HSBC’s response to rising costs, which are affecting the whole banking industry, will also get a lot of attention. In the first quarter, operating costs are expected to be $8.9 billion, which is more than 4% more than the same time last year. Analysts at Bloomberg Intelligence say that this will be just below the “critical $9 billion level,” which means that any number above this could hurt the bank’s ability to keep costs down.

HSBC is trying to stop costs from going up by coming up with a plan that will save $2 billion a year by 2022, but will cost $3.4 billion all at once. He said that he thinks that will change in 2023, when he thinks spending will go up by 0% to 2%. Notably, HSBC’s net interest margin, which is a key indicator of profitability, is expected to hit 1.24 percent in the first quarter. This will be its best performance in seven quarters.

One of the main things that should help banks make more money this year is that interest rates are going up as central banks try to stop inflation from getting out of hand.

In the meantime, the markets will focus on what loan growth might look like this year, as growth expectations continue to fall because of inflationary pressures on the global economy, and how quickly revenues might rise compared to rising costs.

HSBC raised its dividend from $0.15 in 2020 to $0.25 in 2021. This was possible because the bank made a lot of money in 2020 and could give more money back to shareholders. HSBC is also adding buyouts to this. Last quarter, it said it would start a new $1 billion program once the current $2 billion buyout was done. It also said that shareholder returns would be a key factor in how the markets would react to the upcoming results and would be another way to see how HSBC felt about its future.

What’s next on the stock market for HSBA shares?

In the European banking market in 2022, HSBA shares have done very well.

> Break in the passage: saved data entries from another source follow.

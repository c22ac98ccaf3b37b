-- ===== src/HttpClient.antt =====
-- chapter5/HTTPClient: the error category (Errors), the handlers of one request (Request), and the client
-- with its thread (Client).
pub mod Client
pub mod Errors
pub mod Request
pub mod Output
mod Tests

Since the beginning of the year, the stock has gone up more than 13% on the stock market, while Barclays has gone down more than 23% and its British competitors Lloyds and NatWest have seen their shares go down by 6% and 3%, respectively. At the same time, both the STOXX Europe 600 index and the MSCI Europe Banks index went down by more than 4%.

HSBA shares have been rising in an uptrend for more than six weeks, but this trend has lost steam since early April. This week, when the shares tried to break above the 538 threshold but failed, we saw a possible new high. On the other hand, the 50-day moving average, which was recently at 519, should be seen as the stock’s first bottom.

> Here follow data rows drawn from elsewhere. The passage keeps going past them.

-- ===== src/HttpClient/Request/Cancel.antt =====
-- What `cancel` does to a request that is under way.
use boost_asio_book.Std.Decimal.{stoul}
use boost_asio_book.Std.Stream.{Istream, extract, istream}
use boost_asio_book.Prelude.{
  Bool, Bytes, Option, if◌then◌else◌, ◌≡◌, if_elim, true, ℕ, ◌≢◌, Bool-cases, false, not, some, ◌∷◌,
  [], equal, inl, none, arith, codes, refl, inr,
}
use boost_asio_book.Asio.{
  Asio, ErrorCode, Result, Completion, check, failed, ok, ◌>>◌, threw, aborted, diverged,
  shutdown_send,
}
use boost_asio_book.HttpClient.Request.{
  HttpRequest, Handler, host_name_resolved, connection_established, request_sent,
  status_line_received, headers_received, response_body_received, Operation, Next, pending, called,
  on_finish, unless_cancelled, call, step, run, completes, cancels, cancel, parse_version,
  read_code, read_body, set_buf, compose, receive, Headers, on_host_name_resolved,
  on_connection_established, on_request_sent, on_status_line_received, on_headers_received,
}
use boost_asio_book.HttpClient.Errors.{invalid_response, make_error_code}

-- The callback has been called with an error, or it will not be called at all.
abbrev pub IsRefused : Result Next → Type 0
IsRefused (ok (pending op handler r)) = ⊥
IsRefused (ok (called r ec)) = failed ec ≡ true
IsRefused (threw e) = Unit {0}
IsRefused aborted = Unit {0}
IsRefused diverged = Unit {0}

on_finish-IsRefused :
    (r : HttpRequest) (ec : ErrorCode) → failed ec ≡ true → IsRefused (on_finish r ec)
unfolding on_finish
on_finish-IsRefused r ec h = if_elim IsRefused r.callback (ok (called r ec)) _ (λ _. h) (λ _. tt)

unless_cancelled-IsRefused :
    (lib : Asio) (r : HttpRequest) (next : Next)
    → r.was_cancelled ≡ true
    → IsRefused (unless_cancelled lib r next)
unless_cancelled-IsRefused lib r next h =
    if_elim IsRefused r.was_cancelled (on_finish r lib.operation_aborted) _
      (λ _. on_finish-IsRefused r lib.operation_aborted lib.operation_aborted_failed) (λ e. cc)

unless_failed-IsRefused :
    (r : HttpRequest) (ec : ErrorCode) (next : Result Next)
    → IsRefused next
    → IsRefused (if failed ec then on_finish r ec else next)
unless_failed-IsRefused r ec next n =
    if_elim IsRefused (failed ec) (on_finish r ec) next (λ e. on_finish-IsRefused r ec e) (λ _. n)

check-IsRefused :
    (ec : ErrorCode) (next : Result Next) → IsRefused next → IsRefused (check ec >> next)
check-IsRefused ec next n = elim (Bool-cases (failed ec)) [
  | inl e ↦ ground (arith, e)
  | inr e ↦ ground (arith, e)
]

read_code-IsRefused :
    (lib : Asio) (r : HttpRequest) (stream : Istream) (code : Option ℕ)
    → r.was_cancelled ≡ true
    → IsRefused (read_code lib r stream code)
read_code-IsRefused lib r stream none h =
    on_finish-IsRefused _ (make_error_code lib invalid_response) refl
read_code-IsRefused lib r stream (some code) h = unless_cancelled-IsRefused lib _ _ h

parse_version-IsRefused :
    (lib : Asio) (r : HttpRequest) (v : Bytes × Istream)
    → r.was_cancelled ≡ true
    → IsRefused (parse_version lib r v)
parse_version-IsRefused lib r (version, stream) h =
    if_elim IsRefused (not (equal version (codes "HTTP/1.1")))
      (on_finish (set_buf stream.buf r) (make_error_code lib invalid_response)) _
      (λ _. on_finish-IsRefused (set_buf stream.buf r) (make_error_code lib invalid_response) refl)
      (λ _. read_code-IsRefused lib r _ (stoul (extract stream []).0) h)

read_body-IsRefused :
    (lib : Asio) (r : HttpRequest) (h : Option Headers)
    → r.was_cancelled ≡ true
    → IsRefused (read_body lib r h)
read_body-IsRefused lib r none h = tt
read_body-IsRefused lib r (some last) h = unless_cancelled-IsRefused lib _ _ h

call-IsRefused :
    (lib : Asio) (handler : Handler) (r : HttpRequest) (c : Completion)
    → handler ≢ response_body_received
    → r.was_cancelled ≡ true
    → IsRefused (call lib handler r c)
unfolding call on_host_name_resolved on_connection_established on_request_sent
    on_status_line_received on_headers_received
call-IsRefused lib host_name_resolved r c n h =
    unless_failed-IsRefused r c.ec _ (unless_cancelled-IsRefused lib r _ h)
call-IsRefused lib connection_established r c n h =
    unless_failed-IsRefused r c.ec _ (unless_cancelled-IsRefused lib (compose r) _ h)
call-IsRefused lib request_sent r c n h =
    unless_failed-IsRefused r c.ec _
      (check-IsRefused c.shutdown_ec _ (unless_cancelled-IsRefused lib _ _ h))
call-IsRefused lib status_line_received r c n h =
    unless_failed-IsRefused r c.ec _
      (parse_version-IsRefused lib r (extract (istream r.response.response_buf) []) h)
call-IsRefused lib headers_received r c n h =
    unless_failed-IsRefused r c.ec _ (read_body-IsRefused lib r _ h)
call-IsRefused lib response_body_received r c n h = absurd (n refl)

-- A request that the user cancels before its body is read takes one more end of an operation, and
-- starts no further one: whatever that operation ends with, the callback gets an error code, never
-- the success of the request, unless an exception or the header loop keeps it from being called.
pub cancels-IsRefused :
    (lib : Asio) (op : Operation) (handler : Handler) (r : HttpRequest) (is_open : Bool)
    (cancel_ec : ErrorCode) (c : Completion)
    → handler ≢ response_body_received
    → IsRefused (run lib (ok (pending op handler r)) (cancels is_open cancel_ec ∷ completes c ∷ []))
unfolding run step cancel
cancels-IsRefused lib op handler r false cancel_ec c n =
    call-IsRefused lib handler (receive (record r { was_cancelled = true }) c.received) c n refl
cancels-IsRefused lib op handler r true cancel_ec c n = elim (Bool-cases (failed cancel_ec)) [
  | inl e ↦ ground (arith, e)
  | inr e ↦ ground (
    arith,
    e,
    call-IsRefused lib handler (receive (record r { was_cancelled = true }) c.received) c n refl,
  )
]

-- The handlers that come before the response is read.
abbrev pub IsEarly : Handler → Type 0
IsEarly host_name_resolved = Unit {0}
IsEarly connection_established = Unit {0}
IsEarly request_sent = Unit {0}
IsEarly _ = ⊥

-- A request that is cancelled before its response is read, while its socket is not open, and whose
-- operation and shutdown succeed all the same, is reported with `operation_aborted`.
pub cancels_aborted :
    (lib : Asio) (op : Operation) (handler : Handler) (r : HttpRequest) (cancel_ec : ErrorCode)
    (c : Completion)
    → IsEarly handler
    → r.callback ≡ true
    → failed c.ec ≡ false
    → failed c.shutdown_ec ≡ false
    → (r' : HttpRequest) × (run lib
          (ok (pending op handler r))
          (cancels false cancel_ec ∷ completes c ∷ [])
        ≡ ok (called r' lib.operation_aborted))
unfolding run step cancel call on_host_name_resolved on_connection_established on_request_sent
    on_finish
cancels_aborted lib op host_name_resolved r cancel_ec c t h e d =
    (receive (record r { was_cancelled = true }) c.received, ground (arith, h, e))
cancels_aborted lib op connection_established r cancel_ec c t h e d =
    (compose (receive (record r { was_cancelled = true }) c.received), ground (arith, h, e))
cancels_aborted lib op request_sent r cancel_ec c t h e d = (
  record (receive (record r { was_cancelled = true }) c.received) {
    shutdowns = shutdown_send ∷ r.shutdowns;
  },
  ground (arith, h, e, d),
)
cancels_aborted lib op status_line_received r cancel_ec c t h e d = elim t [ ]
cancels_aborted lib op headers_received r cancel_ec c t h e d = elim t [ ]
cancels_aborted lib op response_body_received r cancel_ec c t h e d = elim t [ ]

HSBC (LSE: HSBA) Daily Chart

Stock Market action HSBC

Tradingview and Stone X

If HSBA shares can break above the initial high, we could see a quick move to the next upside target of 548. After that, it may start to aim for a new post-pandemic high that is higher than the February high of 567.

The RSI is still in the “bullish” zone. This is because the average number of trades has gone up over the past 10 days, and the short-term moving averages continue to move away from the longer 200-day moving average.

Notably, the 22 brokers who follow the stock think that HSBA shares could go up more than 10% on the stock exchange in the next year and hit 587.

The stock has gone down since it hit its initial high, and if the initial low doesn’t hold, it could go back down to 514p. A break below here would be more important because it would open the door below 503 and the 100-day moving average SMA, which is just below 500.

If HSBC’s outperformance this year falls apart, its stock price could go down to its low in 2022, near 460, and then to its 200-day moving average SMA.